*** Opening Source material ***
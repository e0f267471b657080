-- ===== src/Paging/Finding.antt =====
-- arch/x86_64/src/paging.rs: the walk of `unmap` to the last table, beside that of `translate`.
use Prim.Native.Nat.{bit_and}
use aion_so.Base.{
  ℕ, zero, suc, ◌+◌, ◌<◌, ◌≡◌, refl, sym, ap, ◌∙◌, Bool, true, false, ◌&&◌, List, [], ◌∷◌, some,
  some_inj, ltb, arith, ◌≢◌, inl, inr, ◌⊎◌, Bool-cases, length, ◌++◌,
}
use aion_so.Hal.Addr.{phys}
use aion_so.Hal.Frame.{PhysFrame, containing_address}
use aion_so.Hal.Paging.{UnmapError}
use aion_so.Paging.Entries.{
  is_set, present, huge, writable, kernel_space_base, table_indices, index_at, is_canonical,
  address_mask,
}
use aion_so.Paging.Tree.{
  IsTree, IsIndices, cell_of_below, Entries, links, points_to, cell_of, cell_of_link, cell_of_step,
  visit-absent, visit-link,
}
use aion_so.Paging.Indices.{length-table_indices}
use aion_so.Paging.Leaf.{translate_at}
use aion_so.Paging.{
  Translation, PageTables, unmap, remove, find_table, translate, translate_from, resolved,
}

pub find_table_link :
    (m : Entries) (i : ℕ) (is : List ℕ) (t : ℕ)
    → links (m t i) ≡ true
    → find_table m (i ∷ is) t ≡ find_table m is (points_to (m t i))
unfolding find_table
find_table_link m i is t on = ground (arith, on)

pub find_table-cell :
    (rank : ℕ → ℕ) (m : Entries)
    → IsTree rank m
    → (is : List ℕ) (t u : ℕ) → IsIndices is
    → rank t + length is ≡ 3
    → find_table m is t ≡ inr u
    → (rank u ≡ 3) × ((j : ℕ) → cell_of m (is ++ j ∷ []) t ≡ some (u, j))
unfolding find_table cell_of
find_table-cell rank m tr [] t u hi d e =
    let same : t ≡ u = cc in (sym (ap rank same) ∙ omega arith, λ j. ap (λ x. some (x, j)) same)
find_table-cell rank m tr (i ∷ is) t u hi d e = elim (Bool-cases (links (m t i))) [
  | inr off ↦ ground arith
  | inl on ↦
      let (at, cells) =
        find_table-cell rank m tr is (points_to (m t i)) u hi.1
          (omega (arith, tr.deeper t i (omega arith) hi.0 on))
          (sym (find_table_link m i is t on) ∙ e) in
      (at, λ j. cell_of_below m i is j t on ∙ cells j)
]

pub cell-find_table :
    (m : Entries) (is : List ℕ) (t u j : ℕ)
    → cell_of m (is ++ j ∷ []) t ≡ some (u, j)
    → find_table m is t ≡ inr u
unfolding find_table cell_of
cell-find_table m [] t u j e =
    let same : t ≡ u = ap (λ (c : ℕ × ℕ). c.0) (some_inj _ _ e) in ap inr same
cell-find_table m (i ∷ []) t u j e =
    let (on, rest) = cell_of_step m i j [] t (u, j) e in
    find_table_link m i [] t on ∙ cell-find_table m [] (points_to (m t i)) u j rest
cell-find_table m (i ∷ (i' ∷ is)) t u j e =
    let (on, rest) = cell_of_step m i i' (is ++ j ∷ []) t (u, j) e in
    find_table_link m i (i' ∷ is) t on ∙ cell-find_table m (i' ∷ is) (points_to (m t i)) u j rest

size_of : (r s : Translation) → some r ≡ some s → r.size ≡ s.size
size_of r s e = ap (λ (x : Translation). x.size) (some_inj _ _ e)

-- A large page shows its size.
large_size :
    (m : Entries) (va k i : ℕ) (is : List ℕ) (t : ℕ) (w : Bool) (r : Translation)
    → k < 3
    → is_set (m t i) huge ≡ true
    → translate_from m va k (i ∷ is) t w ≡ some r
    → r.size ≢ 4096
unfolding translate_from resolved
large_size m va zero i is t w r lt big e z = ground (arith, big)
large_size m va (suc zero) i is t w r lt big e z = elim (Bool-cases (is_set (m t i) present)) [
  | inl on ↦
      let seen : translate_from m va 1 (i ∷ is) t w
          ≡ some (resolved va 1 (m t i) (w && is_set (m t i) writable)) =
        rw (on, big) refl in
      omega (arith, sym (size_of _ _ (sym e ∙ seen)) ∙ z)
  | inr off ↦ ground (arith, sym (visit-absent m va 1 i is t w off) ∙ e)
]
large_size m va (suc (suc zero)) i is t w r lt big e z =
    elim (Bool-cases (is_set (m t i) present)) [
      | inl on ↦
          let seen : translate_from m va 2 (i ∷ is) t w
              ≡ some (resolved va 2 (m t i) (w && is_set (m t i) writable)) =
            rw (on, big) refl in
          omega (arith, sym (size_of _ _ (sym e ∙ seen)) ∙ z)
      | inr off ↦ ground (arith, sym (visit-absent m va 2 i is t w off) ∙ e)
    ]
large_size m va (suc (suc (suc k))) i is t w r lt big e z = omega arith

-- A translation by a 4 KiB page was found in a leaf cell.
sized_cell :
    (m : Entries) (va k : ℕ) (is : List ℕ) (t : ℕ) (w : Bool) (r : Translation)
    → k + length is ≡ 4
    → translate_from m va k is t w ≡ some r
    → r.size ≡ 4096
    → (c : ℕ × ℕ) × (cell_of m is t ≡ some c) × (is_set (m c.0 c.1) present ≡ true)
unfolding cell_of translate_from
sized_cell m va k [] t w r d e z = ground arith
sized_cell m va k (i ∷ []) t w r d e z = elim (Bool-cases (is_set (m t i) present)) [
  | inr off ↦ ground (arith, sym (visit-absent m va k i [] t w off) ∙ e)
  | inl on ↦ ((t, i), refl, on)
]
sized_cell m va k (i ∷ (j ∷ js)) t w r d e z = elim (Bool-cases (is_set (m t i) present)) [
  | inr off ↦ ground (arith, sym (visit-absent m va k i (j ∷ js) t w off) ∙ e)
  | inl on ↦ elim (Bool-cases (is_set (m t i) huge)) [
    | inl big ↦ absurd (large_size m va k i (j ∷ js) t w r (omega arith) big e z)
    | inr small ↦
        let linked : links (m t i) ≡ true = ground (arith, on, small) in
        let (c, found, there) =
          sized_cell m va (suc k) (j ∷ js) (points_to (m t i)) _ r (omega arith)
            (sym (visit-link m va k i (j ∷ js) t w (omega arith) linked) ∙ e) z in
        (c, cell_of_link m i j js t linked ∙ found, there)
  ]
]

-- The leaf cell of a page is at its last index.
cell_of_last :
    (m : Entries) (i0 i1 i2 j t : ℕ) (c : ℕ × ℕ)
    → cell_of m (i0 ∷ i1 ∷ i2 ∷ j ∷ []) t ≡ some c
    → c.1 ≡ j
unfolding cell_of
cell_of_last m i0 i1 i2 j t c e =
    let (_, a) = cell_of_step m i0 i1 (i2 ∷ j ∷ []) t c e in
    let (_, b) = cell_of_step m i1 i2 (j ∷ []) _ c a in
    let (_, d) = cell_of_step m i2 j [] _ c b in sym (ap (λ (x : ℕ × ℕ). x.1) (some_inj _ _ d))

-- A page of kernel space that a 4 KiB page maps can be unmapped.
pub unmap-some :
    (t : PageTables) (page : ℕ) (r : Translation)
    → is_canonical page ≡ true
    → ltb page kernel_space_base ≡ false
    → translate t page ≡ some r
    → r.size ≡ 4096
    → (err : UnmapError) → unmap t page ≢ (t, inl err)
unfolding unmap remove table_indices
unmap-some t page r canonical high e z err bad =
    let (c, cell, on) =
      sized_cell t.access.entries page 0 (table_indices page) t.root true r
        (omega (arith, length-table_indices page)) (sym (translate_at t page canonical) ∙ e) z in
    let j : c.1 ≡ index_at page 12 = cell_of_last _ _ _ _ _ _ c cell in
    let found : find_table t.access.entries
          (index_at page 39 ∷ index_at page 30 ∷ index_at page 21 ∷ []) t.root
        ≡ inr c.0 =
      cell-find_table t.access.entries (index_at page 39 ∷ index_at page 30 ∷ index_at page 21 ∷ [])
        t.root c.0 (index_at page 12) (cell ∙ ap (λ x. some (c.0, x)) j) in
    let on' : is_set (t.access.entries c.0 (index_at page 12)) present ≡ true =
      ap (λ x. is_set (t.access.entries c.0 x) present) (sym j) ∙ on in
    let done : (unmap t page).1
        ≡ inr (
            containing_address
              (phys (bit_and (t.access.entries c.0 (index_at page 12)) address_mask))) =
      rw (high, found, on') refl in
    ground (arith, sym done ∙ ap (λ (x : PageTables × (UnmapError ⊎ PhysFrame)). x.1) bad)
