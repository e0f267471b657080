-- ===== src/Paging/Freeing.antt =====
-- arch/x86_64/src/paging.rs: `free_lower_half`, which gives the tables of a process back. The closure
-- that takes a frame is a parameter, with a state of its own.
use Prim.Native.Nat.{bit_and}
use aion_so.Base.{ℕ, zero, suc, Bool, not, ◌||◌, if◌then◌else◌, add64}
use aion_so.Hal.Addr.{phys}
use aion_so.Hal.Frame.{PhysFrame, containing_address}
use aion_so.Paging.Entries.{is_set, present, huge, address_mask, entries_per_table}
use aion_so.Paging.Spaces.{kernel_slot}
use aion_so.Paging.Tree.{Entries}
use aion_so.Paging.{PageTables, stored}

-- The state of the closure, and how many frames it has accepted.
pub record Freed (G : Type 0) : Type 0 where
  pub owner : G
  pub count : ℕ

abbrev pub counted : {G : Type 0} → Freed G → G × Bool → Freed G
counted h (g, taken) = record { owner = g; count = if taken then add64 h.count 1 else h.count }

module _ {G : Type 0} (give_back : G → PhysFrame → G × Bool) where
  unfoldable pub hand_back : Freed G → ℕ → Freed G
  hand_back h addr = counted h (give_back h.owner (containing_address (phys addr)))

  -- The page tables below the first `n` entries of a directory.
  unfoldable pub free_page_tables : Entries → ℕ → ℕ → Freed G → Freed G
  free_page_tables entries directory zero h = h
  free_page_tables entries directory (suc n) h =
      let before = free_page_tables entries directory n h in
      let entry = entries directory n in
      if not (is_set entry present) || is_set entry huge
      then before
      else hand_back before (bit_and entry address_mask)

  -- The directories below the first `n` entries of a table of directory pointers.
  unfoldable pub free_directories : Entries → ℕ → ℕ → Freed G → Freed G
  free_directories entries directory_pointers zero h = h
  free_directories entries directory_pointers (suc n) h =
      let before = free_directories entries directory_pointers n h in
      let entry = entries directory_pointers n in
      let directory = bit_and entry address_mask in
      if not (is_set entry present) || is_set entry huge
      then before
      else hand_back (free_page_tables entries directory entries_per_table before) directory

  -- What hangs on the first `n` entries of the root, which are cleared on the way.
  unfoldable pub free_slots : Entries → ℕ → ℕ → Freed G → Entries × Freed G
  free_slots entries root zero h = (entries, h)
  free_slots entries root (suc n) h =
      let (before, h') = free_slots entries root n h in
      let entry = before root n in
      let directory_pointers = bit_and entry address_mask in
      if not (is_set entry present) then (before, h') else (
        stored before root n 0,
        hand_back (free_directories before directory_pointers entries_per_table h')
            directory_pointers,
      )

  unfoldable pub free_lower_half : PageTables → G → PageTables × Freed G
  free_lower_half t g =
      let (entries, h) =
        free_slots t.access.entries t.root kernel_slot (record { owner = g; count = 0 }) in
      (record t { access = record t.access { entries = entries } }, hand_back h t.root)
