-- ===== src/Paging/Handing.antt =====
-- arch/x86_64/src/paging.rs: the two inner loops of `free_lower_half` hand back a list of tables.
use aion_so.Base.{
  ℕ, zero, suc, ◌≡◌, refl, sym, ap, ◌∙◌, Bool, true, false, not, ◌||◌, List, [], ◌∷◌, ◌++◌, arith,
  inl, inr, Bool-cases,
}
use aion_so.Hal.Frame.{PhysFrame}
use aion_so.Paging.Entries.{is_set, present, huge}
use aion_so.Paging.Tree.{Entries, links, points_to}
use aion_so.Paging.Below.{below, below-absent, below-link}
use aion_so.Paging.Freeing.{Freed, hand_back, free_page_tables, free_directories}

passed_over : (e : ℕ) → (not (is_set e present) || is_set e huge) ≡ not (links e)
passed_over e = ground arith

module _ {G : Type 0} (give_back : G → PhysFrame → G × Bool) where
  -- The frames are handed back in the order of the list.
  unfoldable pub given : Freed G → List ℕ → Freed G
  given h [] = h
  given h (a ∷ xs) = given (hand_back give_back h a) xs

  pub given-++ : (h : Freed G) (xs ys : List ℕ) → given h (xs ++ ys) ≡ given (given h xs) ys
  unfolding given
  given-++ h [] ys = refl
  given-++ h (a ∷ xs) ys = given-++ (hand_back give_back h a) xs ys

  free_page_tables_lem :
      (m : Entries) (d n : ℕ) (h : Freed G)
      → free_page_tables give_back m d n h ≡ given h (below m 1 d n)
  unfolding free_page_tables given below
  free_page_tables_lem m d zero h = refl
  free_page_tables_lem m d (suc n) h = elim (Bool-cases (links (m d n))) [
    | inr off ↦ rw (passed_over (m d n), off) (free_page_tables_lem m d n h)
    | inl on ↦
        rw (passed_over (m d n), on)
          (ap (λ x. hand_back give_back x (points_to (m d n))) (free_page_tables_lem m d n h)
            ∙ sym (given-++ h (below m 1 d n) (points_to (m d n) ∷ [])))
  ]

  free_directories-absent :
      (m : Entries) (p n : ℕ) (h : Freed G)
      → links (m p n) ≡ false
      → free_directories give_back m p (suc n) h ≡ free_directories give_back m p n h
  unfolding free_directories
  free_directories-absent m p n h off = rw (passed_over (m p n), off) refl

  free_directories-link :
      (m : Entries) (p n : ℕ) (h : Freed G)
      → links (m p n) ≡ true
      → free_directories give_back m p (suc n) h
        ≡ hand_back give_back
            (free_page_tables give_back m
              (points_to (m p n))
              512
              (free_directories give_back m p n h))
            (points_to (m p n))
  unfolding free_directories
  free_directories-link m p n h on = rw (passed_over (m p n), on) refl

  pub given_last :
      (h : Freed G) (xs ys : List ℕ) (c : ℕ)
      → given h (xs ++ (ys ++ c ∷ [])) ≡ hand_back give_back (given (given h xs) ys) c
  unfolding given
  given_last h xs ys c = given-++ h xs (ys ++ c ∷ []) ∙ given-++ (given h xs) ys (c ∷ [])

  free_directories_zero :
      (m : Entries) (p : ℕ) (h : Freed G)
      → free_directories give_back m p 0 h ≡ given h (below m 2 p 0)
  unfolding free_directories given below
  free_directories_zero m p h = refl

  pub free_directories_lem :
      (m : Entries) (p n : ℕ) (h : Freed G)
      → free_directories give_back m p n h ≡ given h (below m 2 p n)
  unfolding given
  free_directories_lem m p zero h = free_directories_zero m p h
  free_directories_lem m p (suc n) h = elim (Bool-cases (links (m p n))) [
    | inr off ↦
        free_directories-absent m p n h off
        ∙ free_directories_lem m p n h
        ∙ ap (given h) (sym (below-absent m 1 p n off))
    | inl on ↦
        let c : ℕ = points_to (m p n) in
        free_directories-link m p n h on
        ∙ ap (λ x. hand_back give_back x c)
            (free_page_tables_lem m c 512 (free_directories give_back m p n h)
              ∙ ap (λ x. given x (below m 1 c 512)) (free_directories_lem m p n h))
        ∙ sym (given_last h (below m 2 p n) (below m 1 c 512) c)
        ∙ ap (given h) (sym (below-link m 1 p n on))
  ]
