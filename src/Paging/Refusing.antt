-- ===== src/Paging/Refusing.antt =====
-- arch/x86_64/src/paging.rs: why `unmap` refuses a page.
use Prim.Native.Nat.{bit_and}
use aion_so.Base.{
  ℕ, suc, ◌+◌, ◌≡◌, refl, sym, ap, ◌∙◌, Bool, true, false, List, [], ◌∷◌, none, some, ltb, arith,
  ◌≢◌, inl, inr, ◌⊎◌, Bool-cases, length, ◌++◌,
}
use aion_so.Hal.Addr.{phys}
use aion_so.Hal.Frame.{PhysFrame, containing_address}
use aion_so.Hal.Paging.{UnmapError}
use aion_so.Paging.Entries.{
  is_set, present, huge, kernel_space_base, table_indices, index_at, is_canonical, address_mask,
}
use aion_so.Paging.Walks.{translate_from-empty}
use aion_so.Paging.Tree.{IsTree, Entries, links, points_to, visit-absent, visit-link}
use aion_so.Paging.Indices.{length-table_indices, index_at_lt, table_indices_bounds}
use aion_so.Paging.Leaf.{translate_at}
use aion_so.Paging.{Translation, PageTables, unmap, remove, find_table, translate, translate_from}
use aion_so.Paging.Finding.{find_table_link, find_table-cell, unmap-some}

-- A walk of `unmap` that meets an absent entry is a walk of `translate` that finds nothing.
find_table-absent :
    (m : Entries) (va k : ℕ) (is js : List ℕ) (t : ℕ) (w : Bool)
    → k + length is ≡ 3
    → find_table m is t ≡ inl UnmapError.not_mapped
    → translate_from m va k (is ++ js) t w ≡ none
unfolding find_table
find_table-absent m va k [] js t w d e = ground (arith, e)
find_table-absent m va k (i ∷ is) js t w d e = elim (Bool-cases (is_set (m t i) present)) [
  | inr off ↦ visit-absent m va k i (is ++ js) t w off
  | inl on ↦ elim (Bool-cases (is_set (m t i) huge)) [
    | inl big ↦ ground (arith, e, on, big)
    | inr small ↦
        let linked : links (m t i) ≡ true = ground (arith, on, small) in
        visit-link m va k i (is ++ js) t w (omega arith) linked
        ∙ find_table-absent m va (suc k) is js (points_to (m t i)) _ (omega arith)
            (sym (find_table_link m i is t linked) ∙ e)
  ]
]

find_table-outside :
    (m : Entries) (is : List ℕ) (t : ℕ) → find_table m is t ≢ inl UnmapError.outside_kernel_space
unfolding find_table
find_table-outside m [] t e = ground (arith, e)
find_table-outside m (i ∷ is) t e = elim (Bool-cases (is_set (m t i) present)) [
  | inr off ↦ ground (arith, e, off)
  | inl on ↦ elim (Bool-cases (is_set (m t i) huge)) [
    | inl big ↦ ground (arith, e, on, big)
    | inr small ↦
        find_table-outside m is (points_to (m t i))
          (sym (find_table_link m i is t (ground (arith, on, small))) ∙ e)
  ]
]

inl_inj : (x y : UnmapError) → ◌≡◌ {A = UnmapError ⊎ PhysFrame} (inl x) (inl y) → x ≡ y
inl_inj x y e = cc

-- Why a page was not unmapped.
pub record Kept (t : PageTables) (page : ℕ) (err : UnmapError) : Type 0 where
  pub outside : err ≡ UnmapError.outside_kernel_space → ltb page kernel_space_base ≡ true
  pub low : ltb page kernel_space_base ≡ true → err ≡ UnmapError.outside_kernel_space
  pub absent : err ≡ UnmapError.not_mapped → translate t page ≡ none
  pub not_small :
      ltb page kernel_space_base ≡ false
      → (r : Translation) → translate t page ≡ some r
      → r.size ≢ 4096

module _ (rank : ℕ → ℕ) (t : PageTables) (tr : IsTree rank t.access.entries) (top : rank t.root ≡ 0)
    (page : ℕ) (canonical : is_canonical page ≡ true) where
  answer_of : (r s : PageTables × (UnmapError ⊎ PhysFrame)) → r ≡ s → r.1 ≡ s.1
  answer_of r s e = ap (λ (x : PageTables × (UnmapError ⊎ PhysFrame)). x.1) e

  remove-refused :
      (r : UnmapError ⊎ ℕ)
      → find_table t.access.entries
          (index_at page 39 ∷ index_at page 30 ∷ index_at page 21 ∷ [])
          t.root
        ≡ r
      → (err : UnmapError) → remove t page r ≡ (t, inl err)
      → (err ≢ UnmapError.outside_kernel_space)
        × (err ≡ UnmapError.not_mapped → translate t page ≡ none)
  unfolding remove table_indices
  remove-refused (inl x) e err p =
      let same : x ≡ err = inl_inj _ _ (answer_of _ _ p) in
      (
        λ q. find_table-outside t.access.entries _ t.root (e ∙ ap inl (same ∙ q)),
        λ q.
            translate_at t page canonical
            ∙ find_table-absent t.access.entries page 0
                (index_at page 39 ∷ index_at page 30 ∷ index_at page 21 ∷ [])
                (index_at page 12 ∷ []) t.root true (omega arith) (e ∙ ap inl (same ∙ q)),
      )
  remove-refused (inr u) e err p =
      let (at, cells) =
        find_table-cell rank t.access.entries tr
          (index_at page 39 ∷ index_at page 30 ∷ index_at page 21 ∷ []) t.root u
          (index_at_lt page 39, (index_at_lt page 30, (index_at_lt page 21, tt)))
          (omega (arith, top)) e in
      elim (Bool-cases (is_set (t.access.entries u (index_at page 12)) present)) [
        | inl on ↦
            let done : (remove t page (inr u)).1
                ≡ inr (
                    containing_address
                      (phys (bit_and (t.access.entries u (index_at page 12)) address_mask))) =
              rw on refl in
            ground (arith, sym done ∙ answer_of _ _ p)
        | inr off ↦
            let done : (remove t page (inr u)).1 ≡ inl UnmapError.not_mapped = rw off refl in
            (
              λ q. ground (arith, sym done ∙ answer_of _ _ p ∙ ap inl q),
              λ q.
                  translate_at t page canonical
                  ∙ translate_from-empty rank t.access.entries tr (table_indices page) t.root 0 page
                      (u, index_at page 12) true (table_indices_bounds page) top
                      (omega (arith, length-table_indices page)) (cells (index_at page 12)) off,
            )
      ]

  pub unmap-Kept : (err : UnmapError) → unmap t page ≡ (t, inl err) → Kept t page err
  unfolding unmap
  unmap-Kept err p = elim (Bool-cases (ltb page kernel_space_base)) [
    | inl low ↦
        let done : unmap t page ≡ (t, inl UnmapError.outside_kernel_space) = rw low refl in
        let same : UnmapError.outside_kernel_space ≡ err =
          inl_inj _ _ (answer_of _ _ (sym done ∙ p)) in
        record {
          outside = λ q. low;
          low = λ q. sym same;
          absent = λ q. ground (arith, same ∙ q);
          not_small = λ h. ground (arith, low, h);
        }
    | inr high ↦
        let done : unmap t page
            ≡ remove t page (
                find_table t.access.entries
                  (index_at page 39 ∷ index_at page 30 ∷ index_at page 21 ∷ []) t.root) =
          rw high refl in
        let (not_outside, absent) = remove-refused _ refl err (sym done ∙ p) in
        record {
          outside = λ q. absurd (not_outside q);
          low = λ q. ground (arith, high, q);
          absent = absent;
          not_small = λ h r e z. unmap-some t page r canonical h e z err p;
        }
  ]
*** Closing Source material ***
What needs to be done :: Above are some records; copy exactly the lines from the one with "let (entries, h)" through the one with "-- ===== src/Paging/Handing.antt", both included, and no others.

Result for this task ::
      let (entries, h) =
        free_slots t.access.entries t.root kernel_slot (record { owner = g; count = 0 }) in
      (record t { access = record t.access { entries = entries } }, hand_back h t.root)
-- ===== src/Paging/Handing.antt =====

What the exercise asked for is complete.